START Task material
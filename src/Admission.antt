-- ===== src/Admission.antt =====
-- extensions-controller/internal/webhook/vast_replication_crd_validation_webhook.go: the admission of
-- VastStorageClassReplication and VastVolumeReplication. What the code reads of Kubernetes and of the
-- clusters is an argument; a response keeps the branch that made it, and the index its message shows.
pub mod Topology
pub mod Clients
pub mod Storage
pub mod Claims
pub mod Handlers
pub mod Shape
pub mod Exclusive
pub mod Laws
use vast_csi.Prelude.{ℕ, String, Bool, true, false, Option, none, some, List}
use vast_csi.Spec.Validation.{SpecError}
use vast_csi.Vms.Peers.{PeerError}

pub data Denial : Type 0 where
  entries_changed : Denial
  ends_changed dir_changed : ℕ → Denial
  invalid_spec : SpecError → Denial
  class_not_found : String → Denial
  invalid_peer : ℕ → PeerError → Denial
  no_pvc pvc_without_class pvc_of_other_class : Denial
  mixed_drivers missing_tenant_name missing_subsystem : String → Denial
  subsystem_absent subsystem_exists : String → Denial
  already_used : String → Denial

-- `admission.Response`. The patch is the new text of the `peerName` of each entry.
pub data Response : Type 0 where
  allowed : Option (List String) → Response
  denied : Denial → Response
  errored : Response

abbrev pub is_allowed : Response → Bool
is_allowed (allowed _) = true
is_allowed (denied _) = false
is_allowed errored = false

abbrev pub patch_of : Response → Option (List String)
patch_of (allowed patch) = patch
patch_of (denied _) = none
patch_of errored = none

-- `admission.Allowed("")`
abbrev pub allow : Response
allow = allowed none

-- `if resp := ...; !resp.Allowed { return resp }`, and the rest of the function.
infixr 5 ◌⨾◌
abbrev pub ◌⨾◌ : Response → Response → Response
allowed _ ⨾ s = s
denied d ⨾ s = denied d
errored ⨾ s = errored
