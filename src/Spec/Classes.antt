-- ===== src/Spec/Classes.antt =====
-- extensions-controller/api/v1alpha1: the StorageClasses of a topology. The methods of
-- VastStorageClassReplicationSpec and VastVolumeReplicationSpec have the same bodies. A Go set is
-- the list of its keys, and what is sorted afterwards does not depend on their order.
pub mod Laws
use vast_csi.Prelude.{
  String, Bool, true, false, List, [], ◌∷◌, str_eq, str_lt, add, sort_strings, sort_by,
  if◌then◌else◌,
}
use vast_csi.Spec.Types.{ReplicationTarget}

-- The loop that fills `seen`.
unfoldable pub collect_classes : List String → List ReplicationTarget → List String
collect_classes seen [] = seen
collect_classes seen (t ∷ ts) = collect_classes (add t.destination (add t.source seen)) ts

unfoldable pub all_storage_classes : List ReplicationTarget → List String
unfolding collect_classes sort_strings add
all_storage_classes topology = sort_strings (collect_classes [] topology)

-- The comparison that `AllStorageClassesPrimaryFirst` hands to `sort.Slice`.
unfoldable pub primary_less : String → String → String → Bool
primary_less primary a b =
    if str_eq a primary then true else if str_eq b primary then false else str_lt a b

unfoldable pub all_storage_classes_primary_first : String → List ReplicationTarget → List String
unfolding all_storage_classes primary_less sort_by
all_storage_classes_primary_first primary topology =
    sort_by (primary_less primary) (all_storage_classes topology)

-- The same edge, seen from its destination: the literal of `TargetsFor`.
abbrev pub flip_target : ReplicationTarget → ReplicationTarget
flip_target t = record {
  source = t.destination;
  destination = t.source;
  peer_name = t.peer_name;
  target_exported_dir = "";
}

unfoldable pub targets_for : String → List ReplicationTarget → List ReplicationTarget
targets_for sc_name [] = []
targets_for sc_name (t ∷ ts) =
    let rest = targets_for sc_name ts in
    if str_eq sc_name t.source
    then t ∷ rest
    else if str_eq sc_name t.destination
    then flip_target t ∷ rest
    else rest
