-- ===== src/Admission/Claims.antt =====
-- `validate`: a StorageClass belongs to at most one replication object.
use vast_csi.Prelude.{
  String, Bool, true, false, ◌&&◌, Option, none, some, List, [], ◌∷◌, str_eq, has_key, insert,
  if◌then◌else◌,
}
use vast_csi.Spec.Types.{ReplicationTarget}
use vast_csi.Spec.Classes.{all_storage_classes}
use vast_csi.Admission.{Response, denied, errored, allow, already_used}

-- The two kinds of object.
pub data Kind : Type 0 where
  vscr vvr : Kind

abbrev pub same_kind : Kind → Kind → Bool
same_kind vscr vscr = true
same_kind vvr vvr = true
same_kind vscr vvr = false
same_kind vvr vscr = false

-- An object as `validate` reads it.
pub record Replication : Type 0 where
  pub namespace : String
  pub name : String
  pub protection_topology : List ReplicationTarget

-- The object under admission: its kind, namespace and name.
pub record Self : Type 0 where
  pub kind : Kind
  pub namespace : String
  pub name : String

-- Objects of kind `kind` are skipped where they are the object under admission.
abbrev pub is_self : Self → Kind → Replication → Bool
is_self self kind r =
    same_kind self.kind kind && str_eq r.name self.name && str_eq r.namespace self.namespace

-- The value of `used`: the object that owns the StorageClass.
abbrev pub Owner : Type 0
Owner = Kind × String × String

unfoldable pub mark_used : Owner → List (String × Owner) → List String → List (String × Owner)
mark_used owner used [] = used
mark_used owner used (sc ∷ classes) = mark_used owner (insert sc owner used) classes

-- One of the two loops that fill `used`.
unfoldable pub mark_objects :
    Self → Kind → List (String × Owner) → List Replication → List (String × Owner)
mark_objects self kind used [] = used
mark_objects self kind used (r ∷ rs) =
    mark_objects self kind
      (if is_self self kind r
        then used
        else mark_used (kind, r.namespace, r.name) used (all_storage_classes r.protection_topology))
      rs

-- The loop over `incoming`.
unfoldable pub check_unused : List (String × Owner) → List String → Response
check_unused used [] = allow
check_unused used (sc ∷ classes) =
    let rest = check_unused used classes in
    if has_key sc used then denied (already_used sc) else rest

-- The two lists are those of ListVastStorageClassReplications and ListVastVolumeReplications.
unfoldable pub validate :
    Option (List Replication) → Option (List Replication) → Self → List String → Response
validate none vvrs self storage_classes = errored
validate (some vscrs) none self storage_classes = errored
validate (some vscrs) (some vvrs) self storage_classes =
    check_unused (mark_objects self vvr (mark_objects self vscr [] vscrs) vvrs) storage_classes
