-- ===== src/K8s.antt =====
-- extensions-controller/internal/common/k8s_client/storageclass.go and ppathdir/ppathdir.go: what a
-- StorageClass says of itself. A Go map is an association list.
use text.Mathlib.TextPositions.{starts_with-append, slice-append_right, len-append}
use vast_csi.Prelude.{
  String, ◌<>◌, ◌≡◌, Bool, ◌&&◌, ◌||◌, List, [], ◌∷◌, str_eq, has_key, get_str, if◌then◌else◌,
}

pub record StorageClass : Type 0 where
  pub name : String
  pub provisioner : String
  pub parameters : List (String × String)

-- `strings.HasPrefix(s, prefix)`
abbrev pub has_prefix : String → String → Bool
has_prefix s prefix = text.Mathlib.Text.starts_with s prefix

-- `strings.TrimPrefix(s, prefix)`
unfoldable pub trim_prefix : String → String → String
trim_prefix s prefix =
    if has_prefix s prefix
    then Prim.Native.String.slice s (Prim.Native.String.len prefix) (Prim.Native.String.len s)
    else s

-- What `TrimPrefix` leaves of a text that was put together with the prefix.
pub trim_prefix-append : (prefix s : String) → trim_prefix (prefix <> s) prefix ≡ s
unfolding trim_prefix
trim_prefix-append prefix s =
    rw (starts_with-append prefix s, len-append prefix s) (slice-append_right prefix s)

unfoldable pub is_block_storage_class : StorageClass → Bool
is_block_storage_class sc =
    let has_subsystem = has_key "subsystem" sc.parameters in
    let has_root_export = has_key "root_export" sc.parameters in
    if has_subsystem && has_root_export then has_prefix sc.provisioner "block" else has_subsystem

unfoldable pub extract_non_prefixed_params :
    String → List (String × String) → List (String × String)
extract_non_prefixed_params prefix [] = []
extract_non_prefixed_params prefix ((key, val) ∷ params) =
    let result = extract_non_prefixed_params prefix params in
    if has_prefix key prefix then result else (key, val) ∷ result

-- `strings.TrimPrefix(s, "/") == ""`
abbrev pub is_root : String → Bool
is_root s = str_eq s "" || str_eq s "/"

unfoldable pub is_subsystem_level : StorageClass → Bool
is_subsystem_level sc =
    is_block_storage_class sc
    && is_root
        (get_str "volume_group" (extract_non_prefixed_params "csi.storage.k8s.io/" sc.parameters))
END Task material
## The problem
Please return the lines above exactly, from the first one down to the line with "of each entry.", and stop after that line.

## Answer section
filename src/Admission.antt
-- ===== src/Admission.antt =====
-- extensions-controller/internal/webhook/vast_replication_crd_validation_webhook.go: the admission of
-- VastStorageClassReplication and VastVolumeReplication. What the code reads of Kubernetes and of the
-- clusters is an argument; a response keeps the branch that made it, and the index its message shows.
pub mod Topology
pub mod Clients
pub mod Storage
pub mod Claims
pub mod Handlers
pub mod Shape
pub mod Exclusive
pub mod Laws
use vast_csi.Prelude.{ℕ, String, Bool, true, false, Option, none, some, List}
use vast_csi.Spec.Validation.{SpecError}
use vast_csi.Vms.Peers.{PeerError}

pub data Denial : Type 0 where
  entries_changed : Denial
  ends_changed dir_changed : ℕ → Denial
  invalid_spec : SpecError → Denial
  class_not_found : String → Denial
  invalid_peer : ℕ → PeerError → Denial
  no_pvc pvc_without_class pvc_of_other_class : Denial
  mixed_drivers missing_tenant_name missing_subsystem : String → Denial
  subsystem_absent subsystem_exists : String → Denial
  already_used : String → Denial

-- `admission.Response`. The patch is the new text of the `peerName` of each entry.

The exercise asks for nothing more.